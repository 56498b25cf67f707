-- ===== src/Files/Directory/Refused.antt =====
-- kernel/filesystem/estros-fs.c: where `create_inode` answers an error.
use bitloader.Prelude.{
  List, Option, arith, false, length, none, refl, some, ℕ, ◌==◌, ◌∷◌, ◌≡◌, ◌≢◌, ◌≤◌,
}
use bitloader.Prelude.Run.{returns}
use bitloader.Files.{FileSystem}
use bitloader.Files.Inodes.{fetch_inode}
use bitloader.Files.Directory.{directory, resolve_inode_number}
use bitloader.Files.Directory.Create.{create_inode}
use bitloader.Files.Directory.Walk.{AllNames, Leads, join, resolve_inode_number-Leads}

refused :
    (fs : FileSystem) (rounds fuel : ℕ) (path : List ℕ) (r : Option ℕ) (name : List ℕ) (type : ℕ)
    → resolve_inode_number rounds fuel path fs ≡ returns r
    → ((n : ℕ) → r ≡ some n → (fetch_inode n fs.disk).type ≢ directory)
    → create_inode rounds fuel path name type fs ≡ returns (1, fs)
unfolding create_inode
refused fs rounds fuel path none name type found other = rw found refl
refused fs rounds fuel path (some n) name type found other =
    let differs = other n refl in
    let no_directory : ((fetch_inode n fs.disk).type == directory) ≡ false = ground arith in
    rw found (rw no_directory refl)

-- Where the names of the path lead to nothing, or to an inode that is no directory, a creation there is
-- refused and leaves the file system as it was.
pub create_inode-refused :
    (fs : FileSystem) (rounds fuel : ℕ) (names : List (List ℕ)) (r : Option ℕ) (name : List ℕ)
    (type : ℕ)
    → Leads fs.disk fuel fs.root_inode names r
    → AllNames names
    → length names ≤ rounds
    → ((n : ℕ) → r ≡ some n → (fetch_inode n fs.disk).type ≢ directory)
    → create_inode rounds fuel (b'/' ∷ join names) name type fs ≡ returns (1, fs)
create_inode-refused fs rounds fuel names r name type leads all enough other =
    refused fs rounds fuel (b'/' ∷ join names) r name type
      (resolve_inode_number-Leads fs rounds fuel names r leads all enough) other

*BRIEF:* Your task is to restate, word for word, only those lines above that fall between the line holding "unfolding create_inode" and the line holding "-- refused and", inclusive.

*SOLUTION BELOW:*
unfolding create_inode
refused fs rounds fuel path none name type found other = rw found refl
refused fs rounds fuel path (some n) name type found other =
    let differs = other n refl in
    let no_directory : ((fetch_inode n fs.disk).type == directory) ≡ false = ground arith in
    rw found (rw no_directory refl)

-- Where the names of the path lead to nothing, or to an inode that is no directory, a creation there is
-- refused and leaves the file system as it was.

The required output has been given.